Die Koordination dieser kniffligen Aufgabe obliegt
Gabriele Kirch-Verfuß. Sie weiß: Wissen
steckt in den Köpfen der Mitarbeiter, wird durch
Erfahrungsaustausch wertvoll. Datenbanken speichern
bestenfalls Dokumente.
Unternehmensfusionen wie die von Degussa und Hüls
zur Degussa-Hüls und weiter mit der SKW Trostberg
zur neuen Degussa sind heute vor allem Fusionen von
Wissensträgern. Entscheidend für den Erfolg
des neuen Unternehmens ist, wie schnell die Beteiligten
einen Überblick über das im neuen Unternehmen
vorhandene Wissen erlangen, sich untereinander austauschen
und so vom Wissen der anderen profitieren können.

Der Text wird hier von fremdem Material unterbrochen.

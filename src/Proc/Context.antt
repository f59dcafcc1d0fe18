-- ===== src/Proc/Context.antt =====
-- src/system/kernel/hal/proc/proc.c: processes enter the table, start, run and are left again.
use gunw_os.Prelude.Outcome.{Answer, done, fails, Ensures, ensures_ok, ensures_oops, Ensures-if}
use gunw_os.Prelude.Int.{ℤ, pos, negsuc, leb_ℤ, index}
use gunw_os.Prelude.{
  ℕ, ◌+◌, ◌-◌, ◌%◌, ◌^◌, ◌≡◌, refl, ◌⊎◌, inl, inr, Bool, true, false, not, ◌&&◌, ◌||◌, Array,
  update, arith, update-all, update_self, update_ne, ◌∙◌, sym, ap, subst, ltb→lt, if◌then◌else◌,
  ltb, first, first_hit, ◌==◌, ℕ_discrete, ◌≢◌,
}
use gunw_os.Runloop.{max_proc}
use gunw_os.Kernel.{
  Kernel, kernel_proc_id, ProcState, ps_none, ps_new, ps_ready, ps_running, ps_blocked, ps_finished,
  LockMask, is_locked, ProcError, CpuState, ProcessUser, set_cpu, out_of_range,
}
use gunw_os.Schedule.{k_proc_schedule_did_hatch, sched_evaluate_run, is_ready}
use gunw_os.Proc.{
  is_none, is_new, is_running, is_blocked, is_finished, k_proc_spawn, k_proc_hatch, hatched,
  unsafe_set_proc_params, unsafe_add_proc_param, with_entry,
}
use gunw_os.Proc.Switch.{
  k_proc_switch, switched, entered, k_proc_switch_to_kernel_if_needed, left_process,
}
use gunw_os.Proc.Invariant.{LockOk, RunOk, IsConsistent, IsValid, update-IsConsistent}

lock_new : (s : ProcState) (m : LockMask) → LockOk s m → is_none s ≡ true → is_locked m ≡ false
lock_new ps_none m l b = l
lock_new ps_new m l b = cc
lock_new ps_ready m l b = cc
lock_new ps_running m l b = cc
lock_new ps_blocked m l b = cc
lock_new ps_finished m l b = cc

lock_hatched : (s : ProcState) (m : LockMask) → LockOk s m → is_new s ≡ true → is_locked m ≡ false
lock_hatched ps_none m l b = cc
lock_hatched ps_new m l b = l
lock_hatched ps_ready m l b = cc
lock_hatched ps_running m l b = cc
lock_hatched ps_blocked m l b = cc
lock_hatched ps_finished m l b = cc

-- What an answer leaves behind.
abbrev pub Answered : Answer ProcError (ℤ × Kernel) → Type 0
Answered (done (p, k)) = IsValid k
Answered (fails e) = Unit {0}

pub k_proc_spawn-IsValid : (b : Bool) (k : Kernel) → IsValid k → Ensures Answered (k_proc_spawn b k)
unfolding k_proc_spawn
k_proc_spawn-IsValid b k v =
    let i = first (λ i. is_none (k.p_tab i).state) 0 max_proc in
    Ensures-if (not b) (λ _. ensures_oops)
      λ _.
        Ensures-if (ltb i max_proc)
          (λ h. ensures_ok (
            update-IsConsistent k.p_tab k.proc_current k.kernel_state i _
              (lock_new (k.p_tab i).state (k.p_tab i).lock_mask (v.locks i)
                (first_hit (λ i. is_none (k.p_tab i).state) 0 max_proc (ltb→lt i max_proc h)))
              tt v))
          (λ _. ensures_ok tt)

-- Writing the registers of a process keeps the table consistent, and its locks.
abbrev Keeps : ℕ → Kernel → Kernel → Type 0
Keeps n k k' = ((k'.p_tab n).lock_mask ≡ (k.p_tab n).lock_mask) × (IsValid k → IsValid k')

Keeps-trans : (n : ℕ) (k k' k'' : Kernel) → Keeps n k k' → Keeps n k' k'' → Keeps n k k''
Keeps-trans n k k' k'' (e, f) (e', f') = (e' ∙ e, λ v. f' (f v))

set_cpu-Keeps : (k : Kernel) (n : ℕ) (c : CpuState) → Keeps n k (set_cpu k n c)
unfolding set_cpu
set_cpu-Keeps k n c = (
  ap (λ u. u.lock_mask) (update_self k.p_tab n _),
  λ v. update-IsConsistent k.p_tab k.proc_current k.kernel_state n _ (v.locks n) (v.runs n) v,
)

add_param-Keeps :
    (p : ℤ) (param : ℕ) (k : Kernel) → Keeps (index p) k (unsafe_add_proc_param p param k)
unfolding unsafe_add_proc_param
add_param-Keeps p param k =
    let (e, f) = set_cpu-Keeps k (index p) _ in
    (e, λ v. record { locks = (f v).locks; runs = (f v).runs })

set_params-Keeps :
    (p : ℤ) (heap : ℕ) (k : Kernel) → Keeps (index p) k (unsafe_set_proc_params p heap k)
unfolding unsafe_set_proc_params
set_params-Keeps p heap k =
    let k' = unsafe_add_proc_param p heap k in
    let cpu = (k'.p_tab (index p)).cpu_state in
    let c = record cpu { esp = (cpu.esp + 2 ^ 32 - 4) % 2 ^ 32 } in
    Keeps-trans (index p) k k' (set_cpu k' (index p) c) (add_param-Keeps p heap k)
      (set_cpu-Keeps k' (index p) c)

with_entry-Keeps : (p : ℤ) (entry : ℕ) (k : Kernel) → Keeps (index p) k (with_entry p entry k)
unfolding with_entry
with_entry-Keeps p entry k = set_cpu-Keeps k (index p) _

hatched-IsValid :
    (p : ℤ) (entry heap : ℕ) (k : Kernel)
    → is_new (k.p_tab (index p)).state ≡ true
    → IsValid k
    → IsValid (hatched p entry heap k)
unfolding hatched
hatched-IsValid p entry heap k new v =
    let k' = unsafe_set_proc_params p heap (with_entry p entry k) in
    let (e, f) =
      Keeps-trans _ k (with_entry p entry k) k' (with_entry-Keeps p entry k)
        (set_params-Keeps p heap (with_entry p entry k)) in
    let unlocked = lock_hatched _ _ (v.locks (index p)) new in
    update-IsConsistent k'.p_tab k'.proc_current k'.kernel_state (index p)
      (record (k'.p_tab (index p)) { state = ps_ready }) (ap (λ m. is_locked m) e ∙ unlocked) tt
      (f v)

did_hatch-IsValid :
    (p : ℤ) (k : Kernel) → IsValid k → Ensures IsValid (k_proc_schedule_did_hatch p k)
unfolding k_proc_schedule_did_hatch sched_evaluate_run
did_hatch-IsValid p k v =
    Ensures-if (not (leb_ℤ (pos 0) p) || leb_ℤ (pos max_proc) p) (λ _. ensures_oops)
      λ _.
        Ensures-if (not (is_ready (k.p_tab (index p)).state)) (λ _. ensures_oops)
          λ _. ensures_ok (same (not (leb_ℤ (pos 0) k.next_proc_id)))
  where
    same : (b : Bool) → IsValid (if b then sched_evaluate_run k else k)
    same true = v
    same false = v

pub k_proc_hatch-IsValid :
    (entry heap : ℕ) (p : ℤ) (k : Kernel)
    → IsValid k
    → Ensures IsValid (k_proc_hatch entry heap p k)
unfolding k_proc_hatch
k_proc_hatch-IsValid entry heap p k v =
    Ensures-if (out_of_range p) (λ _. ensures_oops)
      λ _.
        Ensures-if (not (is_new (k.p_tab (index p)).state)) (λ _. ensures_oops)
          λ new.
            Ensures-if (entry == 0) (λ _. ensures_oops)
              λ _.
                Ensures-if (heap == 0) (λ _. ensures_oops)
                  λ _. did_hatch-IsValid p _ (hatched-IsValid p entry heap k (ground arith) v)

pos-index : (p : ℤ) → not (leb_ℤ (pos 0) p) ≡ false → p ≡ pos (index p)
pos-index (pos n) h = refl
pos-index (negsuc n) h = absurd (cc)

not_running :
    (s : ProcState) (n : ℕ) (c : ℤ) (ks : ProcState) (c' : ℤ) (ks' : ProcState)
    → is_running ks ≡ true
    → RunOk s n c ks
    → RunOk s n c' ks'
not_running ps_running n c ks c' ks' r (e, f) = absurd (cc)
not_running ps_none n c ks c' ks' r h = tt
not_running ps_new n c ks c' ks' r h = tt
not_running ps_ready n c ks c' ks' r h = tt
not_running ps_blocked n c ks c' ks' r h = tt
not_running ps_finished n c ks c' ks' r h = tt

-- The process that the kernel leaves is consistent with the kernel running.
abbrev LeftOk : ProcessUser → ℕ → Type 0
LeftOk w n = LockOk w.state w.lock_mask × RunOk w.state n kernel_proc_id ps_running

left_state-Ok :
    (s : ProcState) (m : LockMask) (d : ℕ) (c frame : CpuState) (n : ℕ)
    → LockOk s m
    → LeftOk (left_process frame (record { state = s; dpl = d; cpu_state = c; lock_mask = m })) n
unfolding left_process
left_state-Ok ps_none m d c frame n l = (l, tt)
left_state-Ok ps_new m d c frame n l = (l, tt)
left_state-Ok ps_ready m d c frame n l = (l, tt)
left_state-Ok ps_running m d c frame n l = (l, tt)
left_state-Ok ps_blocked m d c frame n l = (l, tt)
left_state-Ok ps_finished m d c frame n l = (tt, tt)

-- The registers at hand, and the kernel.
abbrev pub Resumed : CpuState × Kernel → Type 0
Resumed (cpu, k) = IsValid k

-- All other processes wait while the kernel runs.
none_running :
    (tab : Array ProcessUser) (c c' : ℤ) (ks ks' : ProcState)
    → is_running ks ≡ true
    → IsConsistent tab c ks
    → IsConsistent tab c' ks'
none_running tab c c' ks ks' r v = record {
  locks = v.locks;
  runs = λ n. not_running (tab n).state n c ks c' ks' r (v.runs n);
}

pub k_proc_switch-IsValid :
    (p : ℤ) (saved : CpuState) (k : Kernel) → IsValid k → Ensures Resumed (k_proc_switch p saved k)
unfolding k_proc_switch switched
k_proc_switch-IsValid p saved k v =
    let u = k.p_tab (index p) in
    Ensures-if (not (leb_ℤ (pos 0) p)) (λ _. ensures_oops)
      λ user.
        Ensures-if (leb_ℤ (pos max_proc) p) (λ _. ensures_oops)
          λ _.
            Ensures-if (not (is_running k.kernel_state)) (λ _. ensures_oops)
              λ runs.
                Ensures-if (not (is_ready u.state)) (λ _. ensures_oops)
                  λ _.
                    Ensures-if (is_locked u.lock_mask) (λ _. ensures_oops)
                      λ unlocked. ensures_ok (
                        update-IsConsistent k.p_tab p ps_ready (index p)
                          (record u { state = ps_running }) unlocked (pos-index p user, refl)
                          (none_running k.p_tab k.proc_current p k.kernel_state ps_ready
                            (ground arith) v))

-- Only the current process runs: any other one is at rest.
rests :
    (s : ProcState) (n j : ℕ) (ks : ProcState)
    → n ≢ j
    → RunOk s j (pos n) ks
    → RunOk s j kernel_proc_id ps_running
rests ps_running n j ks ne (e, f) = ground arith
rests ps_none n j ks ne r = tt
rests ps_new n j ks ne r = tt
rests ps_ready n j ks ne r = tt
rests ps_blocked n j ks ne r = tt
rests ps_finished n j ks ne r = tt

leave-IsConsistent :
    (tab : Array ProcessUser) (n : ℕ) (frame : CpuState) (ks : ProcState)
    → IsConsistent tab (pos n) ks
    → IsConsistent (update tab n (left_process frame (tab n))) kernel_proc_id ps_running
leave-IsConsistent tab n frame ks v =
    let w = left_process frame (tab n) in
    let (l, r) =
      left_state-Ok (tab n).state (tab n).lock_mask (tab n).dpl (tab n).cpu_state frame n
        (v.locks n) in
    record {
      locks = update-all (λ _ w. LockOk w.state w.lock_mask) tab n w l v.locks;
      runs = λ j. elim (ℕ_discrete n j) [
        | yes e ↦
            subst (λ m. RunOk (update tab n w m).state m kernel_proc_id ps_running) e
              (subst (λ x. RunOk x.state n kernel_proc_id ps_running) (sym (update_self tab n w)) r)
        | no ne ↦
            subst (λ x. RunOk x.state j kernel_proc_id ps_running) (sym (update_ne tab n j w ne))
              (rests (tab j).state n j ks ne (v.runs j))
      ];
    }

-- The kernel runs already, or it is entered with the identifier of the current process.
pub switch_to_kernel-IsValid :
    (ref_esp : ℕ) (p : ℤ) (frame : CpuState) (k : Kernel)
    → IsValid k
    → (is_running k.kernel_state ≡ true) ⊎ (k.proc_current ≡ p)
    → Ensures Resumed (k_proc_switch_to_kernel_if_needed ref_esp p frame k)
unfolding k_proc_switch_to_kernel_if_needed entered
switch_to_kernel-IsValid ref_esp p frame k v h =
    let u = k.p_tab (index p) in
    Ensures-if (is_running k.kernel_state) (λ _. ensures_ok v)
      λ waits.
        Ensures-if (not (leb_ℤ (pos 0) p)) (λ _. ensures_oops)
          λ user.
            Ensures-if (leb_ℤ (pos max_proc) p) (λ _. ensures_oops)
              λ _.
                Ensures-if
                  (not (is_running u.state)
                    && not (is_blocked u.state)
                    && not (is_finished u.state))
                  (λ _. ensures_oops)
                  λ _.
                    Ensures-if (not (is_ready k.kernel_state)) (λ _. ensures_oops)
                      λ _.
                        Ensures-if (ref_esp == 0) (λ _. ensures_oops)
                          λ _. ensures_ok (
                            leave-IsConsistent k.p_tab (index p) frame k.kernel_state (
                              subst (λ c. IsConsistent k.p_tab c k.kernel_state)
                                (current h waits ∙ pos-index p user) v))
  where
    current : {b : Bool} {c : ℤ} → (b ≡ true) ⊎ (c ≡ p) → b ≡ false → c ≡ p
    current (inl r) w = absurd (cc)
    current (inr e) w = e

Dr. Gabriele Kirch-Verfuß von der Degussa Tochter
Infracor, Marl: "Unter Wissensmanagement versteht
man alle systematischen Aktivitäten im Unternehmen
besser zu nutzen."
Wissen, so die Projektleiterin Kirch-Verfuß,
existiere eigentlich nur in den Köpfen der Menschen
- ganz individuell und nicht ohne weiteres dokumentierbar.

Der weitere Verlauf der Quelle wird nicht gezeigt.